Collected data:

┌────────

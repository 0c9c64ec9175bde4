-- ===== src/Script/Compress.antt =====
-- CScriptCompressor (src/script.cpp): short forms of the standard scripts. A CPubKey is the list of its
-- bytes. Whether a key is a point of the curve, and the point for the short form of a key, are OpenSSL's.
use tetra.Prelude.{
  ℕ, ◌+◌, ◌-◌, ◌%◌, ◌≡◌, Bool, true, false, ◌&&◌, ◌||◌, List, [], ◌∷◌, ◌++◌, Option, none, some,
  ◌==◌, if◌then◌else◌, length, get_or, take, drop,
}
use tetra.Script.Opcode.{Opcode, value}
pub mod RoundTrip
mod Tests

pub record Curve : Type 0 where
  pub is_fully_valid : List ℕ → Bool
  pub decompress_key : List ℕ → Option (List ℕ)

unfoldable pub is_to_key_id : List ℕ → Option (List ℕ)
is_to_key_id s =
    if length s == 25
      && get_or s 0 0 == value Opcode.op_dup
      && get_or s 1 0 == value Opcode.op_hash160
      && get_or s 2 0 == 20
      && get_or s 23 0 == value Opcode.op_equalverify
      && get_or s 24 0 == value Opcode.op_checksig
    then some (take 20 (drop 3 s))
    else none

unfoldable pub is_to_script_id : List ℕ → Option (List ℕ)
is_to_script_id s =
    if length s == 23
      && get_or s 0 0 == value Opcode.op_hash160
      && get_or s 1 0 == 20
      && get_or s 22 0 == value Opcode.op_equal
    then some (take 20 (drop 2 s))
    else none

unfoldable pub short_pub_key : List ℕ → Option (List ℕ)
short_pub_key s =
    if length s == 35
      && get_or s 0 0 == 33
      && get_or s 34 0 == value Opcode.op_checksig
      && (get_or s 1 0 == 0x02 || get_or s 1 0 == 0x03)
    then some (take 33 (drop 1 s))
    else none

unfoldable pub long_pub_key : List ℕ → Option (List ℕ)
long_pub_key s =
    if length s == 67
      && get_or s 0 0 == 65
      && get_or s 66 0 == value Opcode.op_checksig
      && get_or s 1 0 == 0x04
    then some (take 65 (drop 1 s))
    else none

-- The key of a script, in the short form and in the long one, as `Compress` writes it.
unfoldable pub compress_key : List ℕ → List ℕ
compress_key key =
    (if get_or key 0 0 == 0x04 then 4 + get_or key 64 0 % 2 else get_or key 0 0)
    ∷ take 32 (drop 1 key)

unfoldable pub get_special_size : ℕ → ℕ
get_special_size n =
    if n == 0 || n == 1 then 20 else if n == 2 || n == 3 || n == 4 || n == 5 then 32 else 0

module _ (curve : Curve) where
  open curve use {is_fully_valid, decompress_key}

  unfoldable pub is_to_pub_key : List ℕ → Option (List ℕ)
  is_to_pub_key s = elim (short_pub_key s) [
    | some key ↦ some key
    | none ↦ elim (long_pub_key s) [
      | some key ↦ if is_fully_valid key then some key else none
      | none ↦ none
    ]
  ]

  unfoldable pub compress : List ℕ → Option (List ℕ)
  compress s = elim (is_to_key_id s) [
    | some h ↦ some (0x00 ∷ h)
    | none ↦ elim (is_to_script_id s) [
      | some h ↦ some (0x01 ∷ h)
      | none ↦ elim (is_to_pub_key s) [ some key ↦ some (compress_key key) | none ↦ none ]
    ]
  ]

  -- The assertion on the size of the key fails as `none`.
  unfoldable pub decompress : ℕ → List ℕ → Option (List ℕ)
  decompress n bytes =
      if n == 0x00
      then some (
          value Opcode.op_dup
          ∷ value Opcode.op_hash160
          ∷ 20
          ∷ (take 20 bytes ++ value Opcode.op_equalverify ∷ value Opcode.op_checksig ∷ []))
      else if n == 0x01
      then some (value Opcode.op_hash160 ∷ 20 ∷ (take 20 bytes ++ value Opcode.op_equal ∷ []))
      else if n == 0x02 || n == 0x03
      then some (33 ∷ n ∷ (take 32 bytes ++ value Opcode.op_checksig ∷ []))
      else if n == 0x04 || n == 0x05
      then elim (decompress_key ((n - 2) ∷ take 32 bytes)) [
        | some key ↦
            if length key == 65 then some (65 ∷ (key ++ value Opcode.op_checksig ∷ [])) else none
        | none ↦ none
      ]
      else none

└────────

*EXERCISE DESCRIPTION*: Write out every record above, word for word.

*FINAL ANSWER*:
repository 0c9c64ec9175bde4
-- ===== src/Script/Compress.antt =====
-- CScriptCompressor (src/script.cpp): short forms of the standard scripts. A CPubKey is the list of its
-- bytes. Whether a key is a point of the curve, and the point for the short form of a key, are OpenSSL's.
use tetra.Prelude.{
  ℕ, ◌+◌, ◌-◌, ◌%◌, ◌≡◌, Bool, true, false, ◌&&◌, ◌||◌, List, [], ◌∷◌, ◌++◌, Option, none, some,
  ◌==◌, if◌then◌else◌, length, get_or, take, drop,
}
use tetra.Script.Opcode.{Opcode, value}
pub mod RoundTrip
mod Tests

pub record Curve : Type 0 where
  pub is_fully_valid : List ℕ → Bool
  pub decompress_key : List ℕ → Option (List ℕ)

unfoldable pub is_to_key_id : List ℕ → Option (List ℕ)
is_to_key_id s =
    if length s == 25
      && get_or s 0 0 == value Opcode.op_dup
      && get_or s 1 0 == value Opcode.op_hash160
      && get_or s 2 0 == 20
      && get_or s 23 0 == value Opcode.op_equalverify
      && get_or s 24 0 == value Opcode.op_checksig
    then some (take 20 (drop 3 s))
    else none

unfoldable pub is_to_script_id : List ℕ → Option (List ℕ)
is_to_script_id s =
    if length s == 23
      && get_or s 0 0 == value Opcode.op_hash160
      && get_or s 1 0 == 20
      && get_or s 22 0 == value Opcode.op_equal
    then some (take 20 (drop 2 s))
    else none

unfoldable pub short_pub_key : List ℕ → Option (List ℕ)
short_pub_key s =
    if length s == 35
      && get_or s 0 0 == 33
      && get_or s 34 0 == value Opcode.op_checksig
      && (get_or s 1 0 == 0x02 || get_or s 1 0 == 0x03)
    then some (take 33 (drop 1 s))
    else none

unfoldable pub long_pub_key : List ℕ → Option (List ℕ)
long_pub_key s =
    if length s == 67
      && get_or s 0 0 == 65
      && get_or s 66 0 == value Opcode.op_checksig
      && get_or s 1 0 == 0x04
    then some (take 65 (drop 1 s))
    else none

-- The key of a script, in the short form and in the long one, as `Compress` writes it.
unfoldable pub compress_key : List ℕ → List ℕ
compress_key key =
    (if get_or key 0 0 == 0x04 then 4 + get_or key 64 0 % 2 else get_or key 0 0)
    ∷ take 32 (drop 1 key)

unfoldable pub get_special_size : ℕ → ℕ
get_special_size n =
    if n == 0 || n == 1 then 20 else if n == 2 || n == 3 || n == 4 || n == 5 then 32 else 0

module _ (curve : Curve) where
  open curve use {is_fully_valid, decompress_key}

  unfoldable pub is_to_pub_key : List ℕ → Option (List ℕ)
  is_to_pub_key s = elim (short_pub_key s) [
    | some key ↦ some key
    | none ↦ elim (long_pub_key s) [
      | some key ↦ if is_fully_valid key then some key else none
      | none ↦ none
    ]
  ]

  unfoldable pub compress : List ℕ → Option (List ℕ)
  compress s = elim (is_to_key_id s) [
    | some h ↦ some (0x00 ∷ h)
    | none ↦ elim (is_to_script_id s) [
      | some h ↦ some (0x01 ∷ h)
      | none ↦ elim (is_to_pub_key s) [ some key ↦ some (compress_key key) | none ↦ none ]
    ]
  ]

  -- The assertion on the size of the key fails as `none`.
  unfoldable pub decompress : ℕ → List ℕ → Option (List ℕ)
  decompress n bytes =
      if n == 0x00
      then some (
          value Opcode.op_dup
          ∷ value Opcode.op_hash160
          ∷ 20
          ∷ (take 20 bytes ++ value Opcode.op_equalverify ∷ value Opcode.op_checksig ∷ []))
      else if n == 0x01
      then some (value Opcode.op_hash160 ∷ 20 ∷ (take 20 bytes ++ value Opcode.op_equal ∷ []))
      else if n == 0x02 || n == 0x03
      then some (33 ∷ n ∷ (take 32 bytes ++ value Opcode.op_checksig ∷ []))
      else if n == 0x04 || n == 0x05
      then elim (decompress_key ((n - 2) ∷ take 32 bytes)) [
        | some key ↦
            if length key == 65 then some (65 ∷ (key ++ value Opcode.op_checksig ∷ [])) else none
        | none ↦ none
      ]
      else none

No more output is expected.